Factors to consider:
- Regulatory exposure: Functions with direct compliance consequences — AML, KYC, data privacy — require partners with verified domain expertise and relevant certifications, not general operational firms. The OCC's 2023 Interagency Guidance on Third-Party Relationships sets clear expectations for how banks and fintechs manage outsourced functions that could affect safety, soundness, or consumer protection.
- Internal bandwidth: If a function is consuming disproportionate internal resources relative to its strategic value, that's a strong signal it should be outsourced.
- Scalability requirements: Customer support, back-office processing, and monitoring operations are strong outsourcing candidates when internal hiring would slow execution during growth phases.
- IP and competitive risk: Core product logic, proprietary risk models, and strategic roadmaps should not be outsourced. Define these boundaries before engaging any partner.

For compliance and financial crime functions specifically, selecting a CAMS-certified advisory partner with hands-on fintech experience—rather than a general BPO or technology vendor—is the difference between a program that holds up under regulatory scrutiny and one that creates liability.

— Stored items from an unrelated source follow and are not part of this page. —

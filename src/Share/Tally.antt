-- ===== src/Share/Tally.antt =====
-- `HandleSubmit` and `submit` of src/htnstratum/share_handler.go: their replies, what they do outside
-- of their own state, and what they count.
use htn_stratum_bridge.Prelude.{
  ℕ, Bool, true, false, ◌||◌, not, Option, none, some, List, [], ◌∷◌, Bytes, codes, has_prefix, Map,
  bytes_Eq, nat_eq, leb, be_value, reverse, ℤ, pos, leb_ℤ, int_inc, if◌then◌else◌,
}
use htn_stratum_bridge.Rpc.{Block}
use htn_stratum_bridge.Mining.{Diff}
use htn_stratum_bridge.Db.{BlockRecord, Table}
use htn_stratum_bridge.Share.Stats.{WorkStats, update_rolling_counters}

-- The replies of src/gostratum/stratum_context.go.
pub data Reply : Type 0 where
  success : Reply
  stale_share : Reply
  dupe_share : Reply
  incorrect_data : Reply
  bad_share : Reply
  incorrect_pow : Reply
  low_diff_share : Reply

-- What a submission comes to: a reply, an error with no reply, or a panic on nil.
pub data Answer : Type 0 where
  replies : Reply → Answer
  fails : Answer
  panics : Answer

-- Counters of prometheus, calls of other components, and the goroutine that looks up a reward.
pub data Effect (D : Type 0) : Type 0 where
  records_bad_data : Effect D
  records_missing_job : Effect D
  records_stale : Effect D
  records_invalid : Effect D
  records_weak : Effect D
  records_dupe : Effect D
  records_share : Effect D
  records_block : Bytes → Effect D
  submits : D → Effect D
  invalidates_gbt_cache : Effect D
  block_solved : Effect D
  looks_up_reward : Bytes → Effect D

-- What the node answers: whether it is synced, with `none` for an error, and the error of
-- `SubmitBlock`, if there is one.
pub record SubmitNode : Type 0 where
  pub is_synced : Option Bool
  pub submit_error : Option Bytes

-- The code outside of this file that a submission calls, over converted blocks `D`.
pub record Consensus (D : Type 0) : Type 0 where
  pub parse_hash : Bytes → Option Bytes
  pub to_domain_block : Block → Bytes → Option D
  pub set_nonce : ℕ → D → D
  pub block_hash : D → Bytes
  pub pow_value : D → ℕ
  pub target : D → ℕ

pub record ShareHandler (F : Type 0) : Type 0 where
  pub stats : Map Bytes (WorkStats F)
  pub overall : WorkStats F
  pub tip_blue_score : ℕ
  pub mining_db : Option Table

-- `toBig`
abbrev pub to_big : Bytes → ℕ
to_big hash = be_value (reverse hash)

-- `strings.Contains(s, p)`
unfoldable pub contains_text : Bytes → Bytes → Bool
contains_text [] p = has_prefix [] p
contains_text (c ∷ s) p = has_prefix (c ∷ s) p || contains_text s p

-- The result of `submit`: its error, if any, and whether the job was removed.
pub record Submitted (D : Type 0) : Type 0 where
  pub error : Option Bytes
  pub job_removed : Bool
  pub effects : List (Effect D)

unfoldable pub submit : {D : Type 0} → SubmitNode → D → Submitted D
submit node block = elim node.is_synced [
  | some true ↦ elim node.submit_error [
    | none ↦ record {
      error = none;
      job_removed = true;
      effects = submits block ∷ invalidates_gbt_cache ∷ block_solved ∷ [];
    }
    | some e ↦ record { error = some e; job_removed = true; effects = submits block ∷ [] }
  ]
  | some false ↦ record {
    error = some (codes "node is not synced; refusing to submit block");
    job_removed = false;
    effects = [];
  }
  | none ↦ record {
    error = some (codes "node is not synced; refusing to submit block");
    job_removed = false;
    effects = [];
  }
]

-- How the claimed value, the recalculated one and the two targets compare.
pub data PowClass : Type 0 where
  mismatched : PowClass
  meets_target : PowClass
  weak : PowClass
  between : PowClass

unfoldable pub classify : ℕ → ℕ → ℕ → ℤ → PowClass
classify submitted recalculated target stratum_target =
    if not (nat_eq submitted recalculated)
    then mismatched
    else if leb recalculated target
    then meets_target
    else if leb_ℤ stratum_target (pos recalculated)
    then weak
    else between

-- What happens to a worker's and to the overall counters.
pub data Tally : Type 0 where
  counts_nothing : Tally
  counts_stale : Tally
  counts_duplicate : Tally
  counts_invalid : Tally
  counts_bad_pow : Tally
  counts_share : Tally

module _ {F : Type 0} (zero_f : F) (add : F → F → F) where
  abbrev pub stale : ℕ → WorkStats F → WorkStats F
  stale now w =
      update_rolling_counters zero_f add now zero_f true false
        (record w { stale_shares = int_inc w.stale_shares })

  abbrev pub not_valid : ℕ → WorkStats F → WorkStats F
  not_valid now w =
      update_rolling_counters zero_f add now zero_f false true
        (record w { invalid_shares = int_inc w.invalid_shares })

  abbrev pub accepted_worker : ℕ → F → WorkStats F → WorkStats F
  accepted_worker now hash_value w =
      let counted = update_rolling_counters zero_f add now hash_value false false (record w {
        shares_found = int_inc w.shares_found;
        shares_diff = add w.shares_diff hash_value;
        last_share = now;
      }) in
      record counted { blocks_found = int_inc counted.blocks_found }

  abbrev pub accepted_overall : ℕ → F → WorkStats F → WorkStats F
  accepted_overall now hash_value w =
      let counted =
        update_rolling_counters zero_f add now hash_value false false
          (record w { shares_found = int_inc w.shares_found }) in
      record counted { blocks_found = int_inc counted.blocks_found }

  -- The counters of the worker: in the branch of a wrong proof of work they count a stale share.
  unfoldable pub tally_worker : Tally → ℕ → F → WorkStats F → WorkStats F
  tally_worker counts_nothing now hash_value w = w
  tally_worker counts_stale now hash_value w = stale now w
  tally_worker counts_duplicate now hash_value w = record w {
    stale_shares = int_inc w.stale_shares;
  }
  tally_worker counts_invalid now hash_value w = not_valid now w
  tally_worker counts_bad_pow now hash_value w = stale now w
  tally_worker counts_share now hash_value w = accepted_worker now hash_value w

  unfoldable pub tally_overall : Tally → ℕ → F → WorkStats F → WorkStats F
  tally_overall counts_nothing now hash_value w = w
  tally_overall counts_stale now hash_value w = stale now w
  tally_overall counts_duplicate now hash_value w = record w {
    stale_shares = int_inc w.stale_shares;
  }
  tally_overall counts_invalid now hash_value w = not_valid now w
  tally_overall counts_bad_pow now hash_value w = not_valid now w
  tally_overall counts_share now hash_value w = accepted_overall now hash_value w

-- The error of `submit`, as `HandleSubmit` reads it.
unfoldable pub rejected : Bytes → Tally × Reply
unfolding contains_text
rejected e =
    if contains_text e (codes "ErrDuplicateBlock")
    then (counts_duplicate, dupe_share)
    else if contains_text e (codes "ErrInvalidPoW")
    then (counts_bad_pow, incorrect_pow)
    else (counts_invalid, bad_share)

-- A record of a block as `HandleSubmit` writes it.
abbrev pub pending_block : ℕ → Bytes → Bytes → Bytes → BlockRecord
pending_block now_ms hash wallet worker = record {
  id = 0;
  timestamp = now_ms;
  block_hash = hash;
  wallet_address = wallet;
  worker_name = worker;
  reward_atoms = 0;
  status = codes "pending";
  accepting_block_hash = some [];
}

abbrev pub refusal_effect : {D : Type 0} → Tally → Effect D
refusal_effect counts_duplicate = records_dupe
refusal_effect _ = records_invalid

abbrev pub stratum_target : {F : Type 0} → Option (Diff F) → ℤ
stratum_target none = pos 0
stratum_target (some diff) = diff.target_value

What to Check Before Finalizing an Outsourcing Decision
Before signing with any outsourcing partner, run through these three checks — they separate vendors who look qualified from those who actually are:
- Domain expertise over general capacity: For compliance and financial crime functions, credentials, certifications, and a documented track record with regulators carry real weight. A general BPO may handle volume; it won't handle a regulatory exam.
- Total cost, not just contract cost: The least expensive options often generate expensive downstream problems. Rework after audits, regulatory penalties, or system failures outweigh the initial savings.

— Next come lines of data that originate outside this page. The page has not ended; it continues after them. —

-- ===== src/Pow/Floats.antt =====
-- The functions on floats of src/pow/heavyhash.go, over a type `F` with the operations of the
-- language and of the package math. `FloatOps` also serves the difficulties of clients.
use htn_stratum_bridge.Prelude.{ℕ, zero, suc, Bool, ◌||◌, Option, none, some, ℤ, if◌then◌else◌}

pub record FloatOps (F : Type 0) : Type 0 where
  pub of_nat : ℕ → F
  pub of_int : ℤ → F
  -- `decimal m k` is the literal m / 10^k.
  pub decimal : ℕ → ℕ → F
  pub add : F → F → F
  pub sub : F → F → F
  pub mul : F → F → F
  pub div : F → F → F
  pub remainder : F → F → F
  pub lt : F → F → Bool
  pub le : F → F → Bool
  pub same : F → F → Bool
  pub floor : F → F
  pub abs : F → F
  pub max : F → F → F
  pub sqrt : F → F
  pub exp : F → F
  pub log : F → F
  pub sin : F → F
  pub cos : F → F
  pub half_pi : F
  pub three_half_pi : F
  pub is_nan : F → Bool
  pub is_inf : F → Bool
  pub to_uint32 : F → ℕ
  pub to_uint64 : F → ℕ

module _ {F : Type 0} (fl : FloatOps F) where
  abbrev pub one : F
  one = fl.of_nat 1

  unfoldable pub medium_complex_non_linear : F → F
  medium_complex_non_linear x = fl.exp (fl.add (fl.sin x) (fl.cos x))

  unfoldable pub intermediate_complex_non_linear : F → F
  intermediate_complex_non_linear x =
      if fl.same x fl.half_pi || fl.same x fl.three_half_pi
      then fl.of_nat 0
      else fl.mul (fl.sin x) (fl.sin x)

  unfoldable pub high_complex_non_linear : F → F
  high_complex_non_linear x = fl.mul (fl.exp x) (fl.log (fl.add x one))

  unfoldable pub high_complex_non_linear110 : F → F
  high_complex_non_linear110 x = fl.div one (fl.sqrt (fl.add (fl.abs x) one))

  -- The four branches on the transform factor, which the code writes out for each function.
  abbrev pub by_factor : (F → F) → F → F → F
  by_factor f factor x =
      let shift = fl.add one factor in
      if fl.lt factor (fl.decimal 25 2)
      then f (fl.add x shift)
      else if fl.lt factor (fl.decimal 5 1)
      then f (fl.sub x shift)
      else if fl.lt factor (fl.decimal 75 2)
      then f (fl.mul x shift)
      else f (fl.div x shift)

  unfoldable pub complex_non_linear : F → F
  unfolding medium_complex_non_linear intermediate_complex_non_linear high_complex_non_linear
  complex_non_linear x =
      let four = fl.of_nat 4 in
      let factor = fl.div (fl.remainder x four) four in
      if fl.lt x one
      then by_factor medium_complex_non_linear factor x
      else if fl.lt x (fl.of_nat 10)
      then by_factor intermediate_complex_non_linear factor x
      else by_factor high_complex_non_linear factor x

  -- What is left of a number above its floor.
  abbrev pub fraction : F → F
  fraction x = fl.sub x (fl.floor x)

  unfoldable pub complex_non_linear110 : F → F
  unfolding medium_complex_non_linear intermediate_complex_non_linear high_complex_non_linear110
  complex_non_linear110 x =
      let scaled = fl.mul x (fl.decimal 1 6) in
      let factor_one = fraction (fl.div scaled (fl.of_nat 8)) in
      let factor_two = fraction (fl.div scaled (fl.of_nat 4)) in
      if fl.lt factor_one (fl.decimal 33 2)
      then by_factor medium_complex_non_linear factor_two x
      else if fl.lt factor_one (fl.decimal 66 2)
      then by_factor intermediate_complex_non_linear factor_two x
      else by_factor high_complex_non_linear110 factor_two x

  -- The loop of `ForComplex`, on fuel, over the argument and the rounds.
  unfoldable pub complex_rounds : ℕ → F → ℕ → Option F
  unfolding complex_non_linear110
  complex_rounds zero x rounds = none
  complex_rounds (suc fuel) x rounds =
      let complex = complex_non_linear110 x in
      let x' = fl.mul x (fl.decimal 1 1) in
      let again = complex_rounds fuel x' (suc rounds) in
      if fl.is_nan complex || fl.is_inf complex
      then (if fl.le x' (fl.decimal 1 13)
          then some (fl.mul (fl.of_nat 0) (fl.of_nat rounds))
          else again)
      else some (fl.mul complex (fl.of_nat rounds))

  -- `ForComplex`
  unfoldable pub for_complex : ℕ → F → Option F
  unfolding complex_rounds
  for_complex fuel x = complex_rounds fuel x 1

  unfoldable pub transform_factor : F → F
  transform_factor x = fraction (fl.div x (fl.of_nat 1024))

  -- `for forComplex > limit { forComplex = forComplex * 0.1 }`, on fuel.
  unfoldable pub scale_down : F → ℕ → F → Option F
  scale_down limit zero x = none
  scale_down limit (suc fuel) x =
      let again = scale_down limit fuel (fl.mul x (fl.decimal 1 1)) in
      if fl.lt limit x then again else some x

- Scalability of the relationship: Outsourcing relationships in fintech evolve as the business scales and regulatory requirements shift. Select partners who can adapt to new obligations — not just execute a fixed deliverable.

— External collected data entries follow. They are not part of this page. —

-- ===== src/Pow/Xoshiro.antt =====
-- `xoShiRo256PlusPlus` of src/pow/xoshiro.go: the generator that a matrix is drawn from.
use Prim.Native.Nat.{bit_xor}
use htn_stratum_bridge.Prelude.{
  ℕ, ◌+◌, ◌-◌, ◌*◌, ◌/◌, ◌%◌, ◌^◌, ◌≡◌, refl, Bytes, take, drop, le_value,
}

pub record Xoshiro : Type 0 where
  pub s0 : ℕ
  pub s1 : ℕ
  pub s2 : ℕ
  pub s3 : ℕ

-- `binary.LittleEndian.Uint64(hashArray[i:i+8])`
abbrev pub word_at : ℕ → Bytes → ℕ
word_at i hash = le_value (take 8 (drop i hash))

-- `newxoShiRo256PlusPlus`
unfoldable pub seeded : Bytes → Xoshiro
unfolding le_value
seeded hash = record {
  s0 = word_at 0 hash;
  s1 = word_at 8 hash;
  s2 = word_at 16 hash;
  s3 = word_at 24 hash;
}

-- `bits.RotateLeft64`
abbrev pub rotate_left : ℕ → ℕ → ℕ
rotate_left x k = x * 2 ^ k % 2 ^ 64 + x / 2 ^ (64 - k)

-- `Uint64`: the state after it, and the number.
unfoldable pub next_word : Xoshiro → Xoshiro × ℕ
next_word x =
    let res = (rotate_left ((x.s0 + x.s3) % 2 ^ 64) 23 + x.s0) % 2 ^ 64 in
    let t = x.s1 * 2 ^ 17 % 2 ^ 64 in
    let s2 = bit_xor x.s2 x.s0 in
    let s3 = bit_xor x.s3 x.s1 in
    let s1 = bit_xor x.s1 s2 in
    let s0 = bit_xor x.s0 s3 in
    (record { s0 = s0; s1 = s1; s2 = bit_xor s2 t; s3 = rotate_left s3 45 }, res)

abbrev pub zero_state : Xoshiro
zero_state = record { s0 = 0; s1 = 0; s2 = 0; s3 = 0 }

-- The state of zeros is a fixed point.
pub next_word-zero_state : next_word zero_state ≡ (zero_state, 0)
unfolding next_word
next_word-zero_state = refl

Frequently Asked Questions
What are examples of fintech services?
Fintech services include digital payments, mobile banking, peer-to-peer lending, investment platforms, insurance technology, and embedded finance.
What services are commonly outsourced in fintech?
The most frequently outsourced functions include software development, customer support, back-office operations, data analytics, cybersecurity, and compliance/financial crime program management.
What is the most commonly outsourced IT service in fintech?
Software development is the most widely outsourced IT function, particularly for fintechs in early or growth stages. This includes custom application builds, platform integrations, and mobile app development.
What are the 4 types of BPO services?
The four main BPO categories are back-office (accounting, data processing), front-office (customer support, sales), knowledge process outsourcing (analytics, compliance advisory), and IT outsourcing (software development, infrastructure).
Is it safe to outsource compliance functions in fintech?
Outsourcing compliance is safe and common when the partner holds relevant certifications (such as CAMS), has demonstrated experience in fintech regulatory environments, and operates within a clear scope of responsibility with documented ownership.
What should a fintech company look for in a compliance outsourcing partner?
Look for CAMS or equivalent certification, hands-on experience with AML/BSA program design and transaction monitoring, familiarity with regulatory exam preparation, and a track record with fintechs or payments companies rather than general financial institutions.